The problem with changing the copyright header to be something like "by its authors" is that US copyright law dictates two things. First, copyright cannot be assigned without a "work for hire" agreement, which literally requires that money has changed hands. This doesn't happen in open-source, basically by definition. Second, in the event of a legal challenge on the IP, by law a minimum of 50% of the license holders must be formally notified. Mozilla ran into this buzzsaw a few years ago, and they literally had to track down thousands of people, since they hadn't arranged for licensing aggregation.

Now to be clear, the copyright header as it stands is also wrong, since it incorrectly claims that I own the copyright on all of it. I don't.

The correct thing to do is to assign licensing (though remember, copyright itself cannot be assigned) to a legal entity which is not an individual, such as Typelevel, which everyone agrees will represent all constituent copyright owners in the event of a legal challenge, without actually owning the copyright on anything within. But, I as a third party cannot just arbitrarily assign Typelevel this responsibility, since it is in fact a legal commitment that literally indemnifies.

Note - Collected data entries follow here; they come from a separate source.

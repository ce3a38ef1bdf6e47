-- ===== src/Raylet/Scheduler/Steps/Outstanding.antt =====
-- What the scheduler of crates/ray-raylet/src/scheduler.rs has to answer for: the tasks that enter
-- by a step, those that end by it, and those in between.
use mathlib.Core.List.{append_assoc, Perm, perm_middle, perm_append_comm}
use mathlib.Core.List.Perm
use ray_rust.Common.{
  Bool, not, Option, none, some, List, [], ◌∷◌, ◌++◌, map, keep, get_elem?, Bool-cases, inl, inr,
  ◌==◌,
}
use ray_rust.Core.Id.{id_eq}
use ray_rust.Core.Types.{TaskSpec}
use ray_rust.Raylet.Scheduler.{
  Command, submit_task, cancel_task, get_status, Phase, spawned, executing, Job, Node,
}
use ray_rust.Raylet.Scheduler.Queue.{open_tasks}
use ray_rust.Raylet.Scheduler.Steps.{
  Control, waiting, draining, Loop, Event, takes, drains, starts, finishes, leases, step,
}

-- The queue, also in the middle of a drain.
abbrev pub queue_of : Node → Control → List TaskSpec
queue_of n waiting = n.pending_queue
queue_of n (draining rest still) = still ++ rest

-- Dispatched or queued.
abbrev pub known : Loop → List TaskSpec
known l = open_tasks l.node.jobs (queue_of l.node l.control)

-- The tasks that a step brings in: a submission that the loop takes.
abbrev pub entering : Control → Command → List TaskSpec
entering waiting (submit_task spec) = spec ∷ []
entering waiting (cancel_task task_id) = []
entering waiting (get_status task_id) = []
entering (draining rest still) c = []

abbrev pub entered : Loop → Event → List TaskSpec
entered l (takes c) = entering l.control c
entered l drains = []
entered l (starts i worker_id pid) = []
entered l (finishes i result now) = []
entered l (leases required) = []

-- The tasks that a step ends: the queued ones of a cancelled identifier, and an executing one.
abbrev pub cancelled_by : Node → Control → Command → List TaskSpec
cancelled_by n waiting (submit_task spec) = []
cancelled_by n waiting (cancel_task task_id) = keep (λ s. s.task_id == task_id) n.pending_queue
cancelled_by n waiting (get_status task_id) = []
cancelled_by n (draining rest still) c = []

abbrev pub ending : TaskSpec → Phase → List TaskSpec
ending spec spawned = []
ending spec (executing w) = spec ∷ []

abbrev pub ended_at : Option Job → List TaskSpec
ended_at none = []
ended_at (some job) = ending job.spec job.phase

abbrev pub ended : Loop → Event → List TaskSpec
ended l (takes c) = cancelled_by l.node l.control c
ended l drains = []
ended l (starts i worker_id pid) = []
ended l (finishes i result now) = ended_at (get_elem? l.node.jobs i)
ended l (leases required) = []

abbrev pub all_entered : Loop → List Event → List TaskSpec
all_entered l [] = []
all_entered l (e ∷ es) = entered l e ++ all_entered (step l e) es

abbrev pub all_ended : Loop → List Event → List TaskSpec
all_ended l [] = []
all_ended l (e ∷ es) = ended l e ++ all_ended (step l e) es

abbrev pub specs : List Job → List TaskSpec
specs jobs = map (λ j. j.spec) jobs

module _ {A : Type 0} where
  pub keep-Perm : (p : A → Bool) (xs : List A) → Perm (keep p xs ++ keep (λ x. not (p x)) xs) xs
  keep-Perm p [] = Perm.refl []
  keep-Perm p (x ∷ xs) = elim (Bool-cases (p x)) [
    | inl passes ↦ rw passes (Perm.cons x (keep-Perm p xs))
    | inr fails ↦ rw fails (
        Perm.trans (perm_middle (keep p xs) (keep (λ y. not (p y)) xs))
          (Perm.cons x (keep-Perm p xs)))
  ]

  pub front_swap : (a b c : List A) → Perm (a ++ (b ++ c)) (b ++ (a ++ c))
  front_swap a b c =
      rw (← append_assoc a b c, ← append_assoc b a c) (Perm.append_right c (perm_append_comm a b))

So this is quite complex, largely because US copyright law is backwards (ironically, in a good way) from how most of the world does it. It's not as simple as an authorship or even a copyright question. For now, I'm erring on the side of "pretty much everyone does this", even if it's wrong. (and it is wrong!) When/if cats-effect becomes a Typelevel project, the copyright headers will be changed to remove my name.

That's actually regrettable and no matter how you look at it, or what rationale you can come up for it, this is a genuine booby trap for users.

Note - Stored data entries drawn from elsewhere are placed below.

-- ===== src/Raylet/Scheduler/Steps/Accounts.antt =====
-- The tasks that the scheduler of crates/ray-raylet/src/scheduler.rs has to answer for, through its
-- single steps.
use mathlib.Core.Path.{subst}
use mathlib.Core.List.{
  map-append, append_assoc, append-nil, Perm, perm_middle, perm_append_singleton,
}
use mathlib.Core.List.Perm
use ray_rust.Common.{
  ℕ, suc, ◌≡◌, refl, sym, ap, ◌∙◌, Bool, Option, none, some, List, [], ◌∷◌, ◌++◌, keep, take, drop,
  get_elem?, split_at, inl, inr, ◌==◌,
}
use ray_rust.Core.Error.{RayResult}
use ray_rust.Core.Id.{WorkerId, id_eq}
use ray_rust.Core.Types.{TaskSpec}
use ray_rust.ObjectStore.{InMemoryObjectStore}
use ray_rust.Raylet.ResourceManager.{ResourceManager}
use ray_rust.Raylet.Scheduler
use ray_rust.Raylet.Scheduler.{
  Command, submit_task, cancel_task, get_status, Phase, spawned, executing, Job, Node, start_node,
  handle, run_task, start_at, start_job, finish_at, finish_job,
}
use ray_rust.Raylet.Scheduler.Books.{Phase-cases}
use ray_rust.Raylet.Scheduler.Queue.{open_tasks, tasks, handle-Perm, dispatched}
use ray_rust.Raylet.Scheduler.Steps.{
  Control, waiting, draining, Loop, Event, takes, drains, starts, finishes, leases, begin_drain,
  receive, drain_next, step, run,
}
use ray_rust.Raylet.Scheduler.Steps.Rounds.{next_cases}
use ray_rust.Raylet.Worker.{WorkerPool}
use ray_rust.Raylet.Scheduler.Steps.Outstanding.{
  queue_of, known, entering, entered, cancelled_by, ended_at, ended, all_entered, all_ended, specs,
  keep-Perm, front_swap,
}

receive-Perm :
    (n : Node) (k : Control) (c : Command)
    → Perm
        (cancelled_by n k c ++ known (receive n k c))
        (entering k c ++ open_tasks n.jobs (queue_of n k))
unfolding receive begin_drain tasks
receive-Perm n (draining rest still) c = Perm.refl _
receive-Perm n waiting (submit_task spec) = Perm.trans (handle-Perm n (submit_task spec)) (
    rw (← append_assoc (specs n.jobs) n.pending_queue (spec ∷ []))
      (perm_append_singleton spec (specs n.jobs ++ n.pending_queue)))
receive-Perm n waiting (cancel_task task_id) =
    Perm.trans
      (Perm.append_left (keep (λ s. s.task_id == task_id) n.pending_queue)
        (handle-Perm n (cancel_task task_id)))
      (Perm.trans (front_swap (keep named n.pending_queue) (specs n.jobs) _)
        (Perm.append_left (specs n.jobs) (keep-Perm named n.pending_queue)))
  where
    named : TaskSpec → Bool
    named s = s.task_id == task_id
receive-Perm n waiting (get_status task_id) = handle-Perm n (get_status task_id)

drain_next-Perm :
    (n : Node) (k : Control) → Perm (known (drain_next n k)) (open_tasks n.jobs (queue_of n k))
unfolding drain_next
drain_next-Perm n waiting = Perm.refl _
drain_next-Perm n (draining [] still) = rw (append-nil still) (Perm.refl _)
drain_next-Perm n (draining (spec ∷ rest) still) =
    let before = open_tasks n.jobs (still ++ spec ∷ rest) in
    elim (next_cases n spec rest still) [
      | inl (fits, e) ↦ subst (λ l. Perm (known l) before) (sym e) (dispatched n spec rest still)
      | inr (short, e) ↦
          subst (λ l. Perm (known l) before) (sym e)
            (rw (append_assoc still (spec ∷ []) rest) (Perm.refl _))
    ]

specs-parts :
    (jobs : List Job) (i : ℕ) (job : Job)
    → get_elem? jobs i ≡ some job
    → specs jobs ≡ specs (take i jobs) ++ job.spec ∷ specs (drop (suc i) jobs)
specs-parts jobs i job h =
    ap specs (split_at jobs i job h)
    ∙ map-append (λ j. j.spec) (take i jobs) (job ∷ drop (suc i) jobs)

start_at-specs :
    (n : Node) (i : ℕ) (found : Option Job) (worker_id : WorkerId) (pid : ℕ)
    → get_elem? n.jobs i ≡ found
    → (specs (start_at n i found worker_id pid).jobs ≡ specs n.jobs)
      × ((start_at n i found worker_id pid).pending_queue ≡ n.pending_queue)
unfolding start_at start_job
start_at-specs n i none worker_id pid h = (refl, refl)
start_at-specs n i (some job) worker_id pid h = elim (Phase-cases job.phase) [
  | inr (w, e) ↦ rw e (refl, refl)
  | inl e ↦
      rw e (map-append (λ j. j.spec) (take i n.jobs) _ ∙ sym (specs-parts n.jobs i job h), refl)
]

finish_at-specs :
    (n : Node) (i : ℕ) (found : Option Job) (result : RayResult (List ℕ)) (now : ℕ)
    → get_elem? n.jobs i ≡ found
    → Perm (ended_at found ++ specs (finish_at n i found result now).jobs) (specs n.jobs)
      × ((finish_at n i found result now).pending_queue ≡ n.pending_queue)
unfolding finish_at finish_job
finish_at-specs n i none result now h = (Perm.refl _, refl)
finish_at-specs n i (some job) result now h = elim (Phase-cases job.phase) [
  | inl e ↦ rw e (Perm.refl _, refl)
  | inr (w, e) ↦
      rw (e, specs-parts n.jobs i job h)
        (
          rw (map-append (λ j. j.spec) (take i n.jobs) (drop (suc i) n.jobs))
              (Perm.symm (perm_middle (specs (take i n.jobs)) (specs (drop (suc i) n.jobs)))),
          refl,
        )
]

queue_same :
    (n n' : Node) (k : Control) → n'.pending_queue ≡ n.pending_queue → queue_of n' k ≡ queue_of n k
queue_same n n' waiting e = e
queue_same n n' (draining rest still) e = refl

step-Perm : (l : Loop) (e : Event) → Perm (ended l e ++ known (step l e)) (entered l e ++ known l)
unfolding step Scheduler.step
step-Perm l (takes c) = receive-Perm l.node l.control c
step-Perm l drains = drain_next-Perm l.node l.control
step-Perm l (starts i worker_id pid) =
    let found = get_elem? l.node.jobs i in
    let (jobs, queue) = start_at-specs l.node i found worker_id pid refl in
    rw (jobs, queue_same l.node (start_at l.node i found worker_id pid) l.control queue)
      (Perm.refl _)
step-Perm l (finishes i result now) =
    let found = get_elem? l.node.jobs i in
    let n' = finish_at l.node i found result now in
    let (jobs, queue) = finish_at-specs l.node i found result now refl in
    rw
      (
        ← append_assoc (ended_at found) (specs n'.jobs) (queue_of n' l.control),
        queue_same l.node n' l.control queue,
      )
      (Perm.append_right (queue_of l.node l.control) jobs)
step-Perm l (leases required) = Perm.refl _

run-Perm :
    (l : Loop) (es : List Event)
    → Perm (all_ended l es ++ known (run l es)) (all_entered l es ++ known l)
unfolding run
run-Perm l [] = Perm.refl _
run-Perm l (e ∷ es) =
    let l' = step l e in
    rw
      (
        append_assoc (ended l e) (all_ended l' es) (known (run l' es)),
        append_assoc (entered l e) (all_entered l' es) (known l),
      )
      (Perm.trans (Perm.append_left (ended l e) (run-Perm l' es)) (
        Perm.trans (front_swap (ended l e) (all_entered l' es) (known l')) (
          Perm.trans (Perm.append_left (all_entered l' es) (step-Perm l e))
            (front_swap (all_entered l' es) (entered l e) (known l)))))

nothing_known :
    (rm : ResourceManager) (p : WorkerPool) (o : InMemoryObjectStore)
    → known (record { node = start_node rm p o; control = waiting }) ≡ []
unfolding start_node
nothing_known rm p o = refl

-- In whatever order the single steps of the event loop, task starts, task ends and leases come on a
-- node, every submission that the loop has taken is accounted for, as often as it was made and up
-- to their order: it has ended, it was cancelled while it was queued, or it is still dispatched or
-- queued. None is lost, and none is run twice.
pub every_task_counts :
    (rm : ResourceManager) (p : WorkerPool) (o : InMemoryObjectStore) (es : List Event)
    → let start : Loop = record { node = start_node rm p o; control = waiting } in
      Perm (all_ended start es ++ known (run start es)) (all_entered start es)
every_task_counts rm p o es =
    let start : Loop = record { node = start_node rm p o; control = waiting } in
    subst (λ k. Perm (all_ended start es ++ known (run start es)) k)
      (ap (λ k. all_entered start es ++ k) (nothing_known rm p o)
        ∙ append-nil (all_entered start es))
      (run-Perm start es)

Please see the readme for cats-effect. I explain two very realistic and common scenarios in which a default-forked async would be the booby trap, either from a performance or from a literal correctness standpoint. At the end of the day, if you're creating a bunch of instances using async on the same thread, you're very much doing it wrong. There is no reason you should do that: use apply (synchronous construction) instead! In any case where you are not affine to a single thread, stack safety is guaranteed by virtue of the fact that you're bouncing the stack when you shift.

So in other words, I'm choosing to put the booby trap in the "you shouldn't be doing this anyway" use-case, as opposed to putting it in the "you might plausibly do this" case. IMO, it's a saner default.

Note that this argument does not apply to Monix's Task because of its Cancelable nature.

This is absolutely correct. From a subjective standpoint, I don't want my effect primitive to have that functionality, but if it does have it (as Monix's does), then it most certainly can implement concurrency safely.

IMO, this difference is a feature, not a bug. Monix's Task isn't the same as IO, and their coexistence is not only justifiable, it is well motivated.

As mentioned above, I like the idea of this IO implementation to remain simple. That's not going to be easy, especially because with these projects we are doing a sort of "design by committee" and users will demand more.

I have absolutely no problem being an opinionated simplicity nazi. :-) Agreed that it's always going to be a battle.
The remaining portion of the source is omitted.